Доктор пожал мне руку; я проводил его до ворот и там остановился и долго простоял не шевелясь. Потом, очнувшись от этого оцепенения, машинально взошел по лестнице, подкрался к двери Полины и, не смея войти, прислушался. Мне показалось сначала, что она спит, но вскоре какие-то сдавленные рыдания достигли моих ушей; я положил руку на замок, но, вспомнив свое обещание и боясь изменить ему, бросился из дома, впрыгнул в первую попавшуюся мне карету и приказал везти себя в Королевский парк.

Я бродил там около двух часов, как безумный, между гуляющими, среди деревьев и статуй. Вернувшись домой, я встретил у ворот слугу, которого послали за доктором: с Полиной случился новый приступ, после которого она начала бредить. На этот раз я не выдержал, бросился в ее комнату, опустился на колени и взял ее руку, свесившуюся с постели. Дыхание ее было тяжелым и прерывистым, глаза закрыты, бессвязные и бессмысленные слова вылетали из ее уст. Вошел доктор.

– Вы не сдержали свое слово! – строго сказал он.

– Увы! Она не узнает меня! – в отчаянии воскликнул я.

Однако при звуках моего голоса ее рука задрожала. Я уступил свое место доктору; он подошел к постели, пощупал пульс и объявил, что необходимо второе кровопускание. Но, несмотря на проведенную процедуру, лихорадка все усиливалась, и к вечеру у Полины началась белая горячка.

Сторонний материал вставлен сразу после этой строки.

-- ===== src/Attestor/Verifying.antt =====
-- internal/verifier, internal/nullifier, internal/sessionid and internal/provenance: who is attested,
-- under which nullifier, and the risk of a wallet.
use compliance_gateway.Common.{
  ℕ, Bool, not, ◌&&◌, Option, none, some, List, [], ◌∷◌, ◌++◌, ◌==◌, if◌then◌else◌, Result, ok,
  ◌>>=◌, ◌>>◌, or_err, require,
}
use compliance_gateway.Text.{Text, TextMap, codes, text_eq, text_le}
use compliance_gateway.Checks.Kyt.{raised, score_of}
use compliance_gateway.Rat.{ℤ}
use compliance_gateway.Attestor.{
  Runtime, VerificationRequest, Attestation, IdDoc, GoPlusResponse, expiry_at,
}

pub data Err : Type 0 where
  missing_proof unreachable not_approved no_id_docs not_verified no_request : Err

abbrev pub world_id_level : ℕ
world_id_level = 1

abbrev pub sumsub_level : ℕ
sumsub_level = 2

-- The order of `firstDoc`: by country, type and number.
unfoldable pub is_before : IdDoc → IdDoc → Bool
unfolding text_eq text_le
is_before a b =
    if not (text_eq a.country b.country)
    then text_le a.country b.country
    else if not (text_eq a.id_doc_type b.id_doc_type)
    then text_le a.id_doc_type b.id_doc_type
    else not (text_eq a.number b.number) && text_le a.number b.number

unfoldable pub insert_doc : IdDoc → List IdDoc → List IdDoc
unfolding is_before
insert_doc d [] = d ∷ []
insert_doc d (e ∷ es) = let rest = insert_doc d es in if is_before e d then e ∷ rest else d ∷ e ∷ es

unfoldable pub sort_docs : List IdDoc → List IdDoc
unfolding insert_doc
sort_docs [] = []
sort_docs (d ∷ ds) = insert_doc d (sort_docs ds)

abbrev pub head_doc : List IdDoc → Option IdDoc
head_doc [] = none
head_doc (d ∷ ds) = some d

-- `firstDoc`
unfoldable pub first_doc : List IdDoc → Option IdDoc
unfolding sort_docs
first_doc ds = head_doc (sort_docs ds)

-- `goPlusWeights`
abbrev pub address_weights : TextMap ℕ
address_weights =
    (codes "sanctioned", 100)
    ∷ (codes "money_laundering", 90)
    ∷ (codes "stealing_attack", 90)
    ∷ (codes "mixer", 80)
    ∷ (codes "darkweb_transactions", 80)
    ∷ (codes "cybercrime", 70)
    ∷ (codes "financial_crime", 70)
    ∷ (codes "blackmail_activities", 70)
    ∷ (codes "phishing_activities", 60)
    ∷ (codes "blacklist_doubt", 50)
    ∷ (codes "fake_kyc", 40)
    ∷ (codes "honeypot_related_address", 30)
    ∷ []

abbrev pub score_response : Option GoPlusResponse → ℕ
score_response none = 100
score_response (some r) = if r.code == 1 then score_of (raised r.flags address_weights) else 100

module _ (rt : Runtime) where
  -- `Derive`
  abbrev pub derive : Text → ℕ → ℕ
  derive doc_id gate = rt.keccak (doc_id ++ rt.address_bytes gate)

  -- `DeriveFromDoc`
  abbrev pub derive_from_doc : Text → Text → Text → ℕ → ℕ
  derive_from_doc secret number country gate =
      rt.to_bytes32 (rt.hmac secret (number ++ (country ++ rt.to_lower (rt.address_hex gate))))

  -- `SessionUserID`
  abbrev pub session_user_id : Text → Text → Text → Text
  session_user_id secret gate wallet =
      codes "cg-" ++ rt.hex_encode (rt.hmac secret (rt.to_lower gate ++ rt.to_lower wallet))

  -- `SumsubProvider.Verify`, with the keys of the client, the secrets and the TTL.
  unfoldable pub verify_sumsub :
      Text → Text → Text → Text → ℤ → VerificationRequest → Result Err Attestation
  unfolding text_eq first_doc
  verify_sumsub app_token secret_key session_secret enclave_secret ttl q = do
    a ← or_err unreachable (
        rt.applicant app_token secret_key (
          session_user_id session_secret (rt.to_lower (rt.address_hex q.gate))
            (rt.to_lower (rt.address_hex q.wallet))))
    require (text_eq a.review_status (codes "completed") && text_eq a.review_answer (codes "GREEN"))
        not_approved
    doc ← or_err no_id_docs (first_doc a.id_docs)
    ok (record {
      nullifier = derive_from_doc enclave_secret doc.number doc.country q.gate;
      level = sumsub_level;
      expiry = expiry_at rt.now ttl;
    })

  -- `WorldIDProvider.Verify`
  unfoldable pub verify_world_id : ℤ → VerificationRequest → Result Err Attestation
  verify_world_id ttl q = do
    proof ← or_err missing_proof q.world_id
    a ← or_err unreachable (rt.verify_world_id proof q.wallet)
    require (a.status == 200 && a.success) not_verified
    ok (record {
      nullifier = derive proof.nullifier_hash q.gate;
      level = world_id_level;
      expiry = expiry_at rt.now ttl;
    })

  -- `Score`: the highest weight of a raised flag, and 100 without a usable response.
  unfoldable pub score : ℕ → Result Err ℕ
  unfolding raised score_of
  score wallet = do
    require (rt.can_request wallet) no_request
    ok (score_response (rt.address_security wallet))
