-- ===== src/Attestor/Http.antt =====
-- internal/httpx and internal/creteehttp: requests, responses, and how the enclave's HTTP capability
-- is made into a client. The capability itself is a parameter.
use compliance_gateway.Common.{ℕ, Option, List, ◌>>=◌, Result, ok, or_err}
use compliance_gateway.Text.{Text, TextMap}

-- `http.Request`: its body read, and each header with its values.
pub record Request : Type 0 where
  pub method : Text
  pub url : Text
  pub headers : TextMap (List Text)
  pub body : Text

-- `http.Response`
pub record Response : Type 0 where
  pub status : ℕ
  pub headers : TextMap (List Text)
  pub body : Text

-- `crehttp.Request` and `crehttp.Response`
pub record TeeRequest : Type 0 where
  pub url : Text
  pub method : Text
  pub body : Text
  pub multi_headers : TextMap (List Text)

pub record TeeResponse : Type 0 where
  pub status_code : ℕ
  pub multi_headers : TextMap (List Text)
  pub body : Text

pub data SendErr : Type 0 where
  not_sent : SendErr

-- `httpx.Doer`
abbrev pub Doer : Type 0
Doer = Request → Result SendErr Response

tee_request : Request → TeeRequest
tee_request q = record { url = q.url; method = q.method; body = q.body; multi_headers = q.headers }

response_of : TeeResponse → Response
response_of r = record { status = r.status_code; headers = r.multi_headers; body = r.body }

-- `Doer.Do`, on `SendRequestInTee`.
unfoldable pub tee_do : (TeeRequest → Option TeeResponse) → Doer
unfolding tee_request response_of
tee_do send q = do r ← or_err not_sent (send (tee_request q)); ok (response_of r)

В продолжение восьми суток она была в бреду, не узнавала никого, думала, что ее преследуют, и беспрестанно звала на помощь. Потом болезнь начала терять свою силу; за жутким бредом последовали совершенная слабость и истощение.

Наконец, на девятое утро, открыв глаза, она узнала меня и назвала по имени. Невозможно описать, что происходило тогда во мне: я бросился на колени, положил голову на ее постель и заплакал, как ребенок. В эту минуту вошел доктор и, боясь, что Полина может переволноваться снова, приказал мне выйти. Я воспротивился ему, но Полина сжала мне руку и произнесла нежным голосом:

– Идите!

Я повиновался. Уже восемь суток я не смыкал глаз, сидя у ее постели, но теперь, успокоившись, тотчас погрузился в сон, в котором нуждался так же, как и она.